(Saved entries)
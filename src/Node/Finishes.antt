-- ===== src/Node/Finishes.antt =====
-- From the last `Commit` message of a block to the next sequence number.
use sawtooth_pbft.Common.{nat_eq, string_eq, bytes_eq, ◌∷◌}
use sawtooth_pbft.Protos.{PbftBlock, block_eq, info_eq, message_eq, seal_eq, view_change_eq}
use sawtooth_pbft.ParsedMessage.{ParsedMessage, parsed_eq}
use sawtooth_pbft.State.{PbftPhase, phase_eq}
use sawtooth_pbft.Log.{entry_eq}
use sawtooth_pbft.Log.Sets.{with_message}
use sawtooth_pbft.Service.{Call}
use sawtooth_pbft.Node.{PbftNode}
use sawtooth_pbft.MessageType.{type_eq}

-- The node once its block is handed over.
abbrev pub finished_with : ParsedMessage → PbftBlock → PbftNode → PbftNode
finished_with msg b n = record n {
  state = record n.state { phase = PbftPhase.finished };
  msg_log = with_message msg n.msg_log;
  calls = Call.commit_block b.block_id ∷ n.calls;
}
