-- ===== src/Node/ViewChanges.antt =====
-- How a node that is changing its view ends the change.
use sawtooth_pbft.Common.{
  leb, if◌then◌else◌, leb→le, Bool-cases, length, Bytes, ◌≤◌, ◌<◌, ◌≡◌, refl, sym, ap, ◌∙◌, subst,
  ◌⊎◌, inl, inr, Bool, true, false, List, arith,
}
use sawtooth_pbft.MessageType.{PbftMessageType, from_str}
use sawtooth_pbft.Error.{ok}
use sawtooth_pbft.ParsedMessage.{ParsedMessage, info}
use sawtooth_pbft.State.{PbftMode, get_primary_id}
use sawtooth_pbft.Log.{PbftLog, get_messages_of_type_seq_view, log_has_required_msgs, quorum}
use sawtooth_pbft.Log.Sets.{with_message}
use sawtooth_pbft.Service.{Env}
use sawtooth_pbft.Node.{PbftNode, M, done, log_message}
use sawtooth_pbft.Handlers.{
  set_current_view, check_received_enough_view_changes, adopt_view, handle_view_change,
}
use sawtooth_pbft.Node.Peer.{
  propose_view_change_if_enough_messages, join_view_change, on_view_change,
}
use sawtooth_pbft.Handlers.Views.{EntersView, adopt_view-EntersView}
use sawtooth_pbft.Node.Keeps.{after, with_logged, log_message_cases}
use sawtooth_pbft.Node.Unlogged.{handle_view_change-LogKeeps}

-- The `ViewChange` messages of the view and sequence number of `msg` that are logged with it.
abbrev pub view_changes : ParsedMessage → PbftLog → List ParsedMessage
view_changes msg log =
    get_messages_of_type_seq_view PbftMessageType.view_change (info msg).seq_num (info msg).view
      (with_message msg log)

module _ (env : Env) (msg : ParsedMessage) where
  handle_view_change-counted :
      (n : PbftNode) (b : Bool)
      → leb (quorum n.state.f) (length (view_changes msg n.msg_log)) ≡ b
      → handle_view_change env msg (with_logged msg n)
        ≡ (if b then adopt_view env msg else done) (with_logged msg n)
  unfolding handle_view_change check_received_enough_view_changes log_has_required_msgs
  handle_view_change-counted n true e = rw e refl
  handle_view_change-counted n false e = rw e refl

  join_view_change-changing :
      (send : ParsedMessage → M (Unit {0})) (n : PbftNode)
      → n.state.mode ≡ PbftMode.view_changing
      → join_view_change env send msg n ≡ handle_view_change env msg n
  unfolding join_view_change propose_view_change_if_enough_messages
  join_view_change-changing send n e = rw e refl

  on_view_change-changing :
      (send : ParsedMessage → M (Unit {0})) (n : PbftNode)
      → from_str (info msg).msg_type ≡ PbftMessageType.view_change
      → n.state.mode ≡ PbftMode.view_changing
      → on_view_change env send msg n ≡ handle_view_change env msg (with_logged msg n)
  unfolding on_view_change
  on_view_change-changing send n t e =
      ap (after (λ _. join_view_change env send msg)) (logged_now t)
      ∙ join_view_change-changing send (with_logged msg n) e
    where
      logged_now :
          from_str (info msg).msg_type ≡ PbftMessageType.view_change
          → log_message msg n ≡ (ok tt, with_logged msg n)
      logged_now t = elim (log_message_cases msg n) [
        | inl (v, h) ↦ h
        | inr (v, h) ↦ absurd (v (inl t))
      ]

  on_view_change-logs :
      (send : ParsedMessage → M (Unit {0})) (n : PbftNode)
      → from_str (info msg).msg_type ≡ PbftMessageType.view_change
      → n.state.mode ≡ PbftMode.view_changing
      → (on_view_change env send msg n).1.msg_log.messages ≡ (with_message msg n.msg_log).messages
  on_view_change-logs send n t e =
      ap (λ r. r.1.msg_log.messages) (on_view_change-changing send n t e)
      ∙ (handle_view_change-LogKeeps {Q = λ ms. ms ≡ (with_message msg n.msg_log).messages} env
            msg).at
          (with_logged msg n) refl

  -- A node that is changing its view, and gets a `ViewChange` message for a view with a known primary,
  -- logs it and keeps all that it had logged. If the log then has `2f + 1` such messages of that view and
  -- sequence number, the node enters that view, whether it is newer or older than its own; else nothing
  -- more happens.
  pub on_view_change-EntersView :
      (send : ParsedMessage → M (Unit {0})) (n : PbftNode) (p : Bytes)
      → from_str (info msg).msg_type ≡ PbftMessageType.view_change
      → n.state.mode ≡ PbftMode.view_changing
      → get_primary_id (set_current_view (info msg).view n.state) ≡ ok p
      → ((quorum n.state.f ≤ length (view_changes msg n.msg_log))
          × ((on_view_change env send msg n).0 ≡ ok tt)
          × EntersView (info msg).view p n.state (on_view_change env send msg n).1.state
          × ((on_view_change env send msg n).1.msg_log.messages
              ≡ (with_message msg n.msg_log).messages))
        ⊎ ((length (view_changes msg n.msg_log) < quorum n.state.f)
            × (on_view_change env send msg n ≡ (ok tt, with_logged msg n)))
  on_view_change-EntersView send n p t e known =
      let runs = on_view_change-changing send n t e in
      elim (Bool-cases (leb (quorum n.state.f) (length (view_changes msg n.msg_log)))) [
        | inl h ↦
            let adopted = runs ∙ handle_view_change-counted n true h in
            let entered = adopt_view-EntersView env msg (with_logged msg n) p known in
            inl (
              leb→le (quorum n.state.f) (length (view_changes msg n.msg_log)) h,
              ap (λ r. r.0) adopted ∙ entered.0,
              subst (λ r. EntersView (info msg).view p n.state r.1.state) (sym adopted) entered.1,
              (on_view_change-logs send n t e),
            )
        | inr h ↦ inr (ground arith, runs ∙ handle_view_change-counted n false h)
      ]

# BRIEF:
Report, from the entries above, each line where "known" is found.

# WRITTEN SOLUTION:
  -- A node that is changing its view, and gets a `ViewChange` message for a view with a known primary,
  on_view_change-EntersView send n p t e known =
            let entered = adopt_view-EntersView env msg (with_logged msg n) p known in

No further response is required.